David M. Schrader


David M. Schrader, Ph.D.
Research Professor, Physical Chemistry
(414) 288-3332
E-mail: david.schrader@mu.edu

Professor Schrader obtained his B.S. from Iowa State University and earned his Ph.D. degree in 1961 from the University of Minnesota. His interests in theoretical chemistry led him to a research fellowship at Columbia University and the IBM Watson Laboratory. In 1963, he accepted a position as assistant professor in the chemistry department at the University of Iowa. Professor Schrader joined the faculty at Marquette in 1968. He became Research Professor in 1996.

Research Fields
Quantum theory of atomic and molecular structure, especially systems interacting with positrons or positronium atoms, both bound and scattering states. Storage of large quantities of positronium; stabilization by electromagnetic levitation; controlled energy release by annihilation.

The positron is the antiparticle of the electron. It sometimes called and thought of as "exotic," but it is the most common of the uncommon particles. It is easily, safely, and conveniently obtained for laboratory experiments in the form of a beta-emitter such as sodium-22. It is a unique probe for many chemical systems, and has proven valuable in industry as a tool for characterizing polymers, semiconductors, alloys, surfaces, coatings, and so forth.

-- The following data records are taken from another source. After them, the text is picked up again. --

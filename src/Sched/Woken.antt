-- ===== src/Sched/Woken.antt =====
-- `sched_schedule` of kern/sched-queue.c, called by a thread that was woken on its way to sleep: it is
-- runnable, and already back in the ready queue.
use native.Mathlib.Decide.{dec_lt}
use risc_v_workshop.Prelude.{
  ℕ, ◌<◌, ◌≡◌, refl, ap, sym, ◌∙◌, subst, arith, true, false, Option, none, some, List, ◌∷◌, ◌==◌,
  is_empty, update_all, update_same, update_at, Ensures, Ensures-bind,
}
use risc_v_workshop.Sched.{
  Sched, is_runable, set_active, set_delayed, get_next_thread, sched_schedule, dispatch,
  ti_dispatch_disabled, ti_clr_delay_dispatch, ti_set_preempt_active, ti_clr_preempt_active,
}
use risc_v_workshop.Sched.Ready.{Ready}
use risc_v_workshop.Sched.Change.{plain-Ready}
use risc_v_workshop.Sched.Resume.{active_IsPlain}
use risc_v_workshop.Sched.Next.{Picked, PickedOutcome, get_next_thread-Picked}

-- The thread goes on running, marked as runnable instead of running, and no queue holds it.
pub record Stranded (s after : Sched) : Type 0 where
  pub current : after.current ≡ s.current
  pub state : is_runable (after.thread s.current).state ≡ true
  pub free : (after.thread s.current).linked ≡ false

first_of : (x y : ℕ) (xs ys : List ℕ) → x ∷ xs ≡ y ∷ ys → x ≡ y
first_of x y xs ys e = cc

module _ (s : Sched) (r : Ready s) (rest : List ℕ)
    (first : s.que (s.thread s.current).cur_prio ≡ s.current ∷ rest)
    (highest : (p : ℕ) → p < (s.thread s.current).cur_prio → is_empty (s.que p) ≡ true) where
  abbrev busy : Sched
  busy = ti_set_preempt_active s

  busy_prio : (t : ℕ) → (busy.thread t).cur_prio ≡ (s.thread t).cur_prio
  busy_prio t =
      update_all (λ v th. th.cur_prio ≡ (s.thread v).cur_prio) s.thread s.current _ t refl refl

  full : (p t : ℕ) (ts : List ℕ) → s.que p ≡ t ∷ ts → is_empty (s.que p) ≡ false
  full p t ts e = rw e refl

  same_thread : (t : ℕ) (after : Sched) → Picked busy t after → t ≡ s.current
  same_thread t after p =
      let its = subst (λ q. s.que q ≡ t ∷ p.rest) (busy_prio t) p.first in
      let above =
        subst (λ q. (u : ℕ) → u < q → is_empty (s.que u) ≡ true) (busy_prio t) p.highest in
      elim (dec_lt (s.thread t).cur_prio (s.thread s.current).cur_prio) [
        | yes less ↦ let a = highest _ less in let b = full _ t p.rest its in absurd (cc)
        | no l ↦ elim (dec_lt (s.thread s.current).cur_prio (s.thread t).cur_prio) [
          | yes more ↦ let a = above _ more in let b = full _ s.current rest first in absurd (cc)
          | no m ↦
              let same : (s.thread t).cur_prio ≡ (s.thread s.current).cur_prio = omega arith in
              first_of t s.current p.rest rest (sym its ∙ ap s.que same ∙ first)
        ]
      ]

  dispatch-Stranded :
      (f : Option ℕ) (picked : Sched)
      → PickedOutcome busy (f, picked)
      → Ensures (Stranded s) (dispatch (f, picked))
  unfolding dispatch
  dispatch-Stranded none picked (e, empty) =
      let a = empty _ (r.valid s.current) in let b = full _ s.current rest first in absurd (cc)
  dispatch-Stranded (some t) picked p =
      let mine = same_thread t picked p in
      let stays : (picked.current == t) ≡ true =
        let h : picked.current ≡ t = p.same_current ∙ sym mine in ground arith in
      rw stays (record {
        current = p.same_current;
        state = ap (λ th. is_runable th.state) (last mine) ∙ p.state;
        free = ap (λ th. th.linked) (last mine) ∙ p.now_free;
      })
    where
      cleared : Sched
      cleared = ti_clr_delay_dispatch picked

      last :
          t ≡ s.current
          → (ti_clr_preempt_active cleared).thread s.current
            ≡ set_active false (set_delayed false (picked.thread t))
      last mine =
          subst
            (λ c.
              (ti_clr_preempt_active cleared).thread c
              ≡ set_active false (set_delayed false (picked.thread t)))
            mine
            (let here : picked.current ≡ t = p.same_current ∙ sym mine in
              update_at cleared.thread picked.current t _ here
              ∙ ap (set_active false) (update_same picked.thread picked.current _)
              ∙ ap (λ c. set_active false (set_delayed false (picked.thread c))) here)

  -- A thread that is first in line on its processor when it calls the scheduler, because it was woken
  -- after it had queued itself to sleep, gets the processor back without being marked as running: it
  -- is still marked as runnable, and it is in no queue. Dispatching is enabled and the ready queue well
  -- formed.
  pub schedule-Stranded : ti_dispatch_disabled s ≡ false → Ensures (Stranded s) (sched_schedule s)
  unfolding sched_schedule
  schedule-Stranded enabled = rw enabled (
      Ensures-bind (PickedOutcome busy) (Stranded s) (get_next_thread busy) dispatch
        (get_next_thread-Picked busy
          (plain-Ready s s.current (set_active true) (active_IsPlain true) r))
        (λ o. dispatch-Stranded o.0 o.1))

It has a rich chemistry, both in the gas and liquid phases.

The positron annihilates in ordinary matter with a lifetime of about a nanosecond, which is a long time on most chemical scales (for example, air molecules vibrate a million times in a nanosecond). A positron can form a neutral atom with an electron. This atom, called "positronium," has a mass of about 0.0001 Daltons. It has all the states of the hydrogen atom but they are only half as deeply bound.

We have been calculating wave functions for compounds of positronium, Ps, for many years. The simplest of these is PsH, positronium, which consists of two electrons, a positron, and a proton. There are many other compounds.

We are investigating a new way to accurately model the electron-positron interaction in quantum mechanics. Our method will enable us to investigate, for the first time, large molecular systems interacting with positrons.

We are involved in a project that seeks to capture and stabilize macroscopic quantities of positronium atoms for controlled release. This form of energy production is the ultimate in efficiency in terms of mass-to-energy conversion. It's uses, which are potentially manifold, include intergalactic navigation.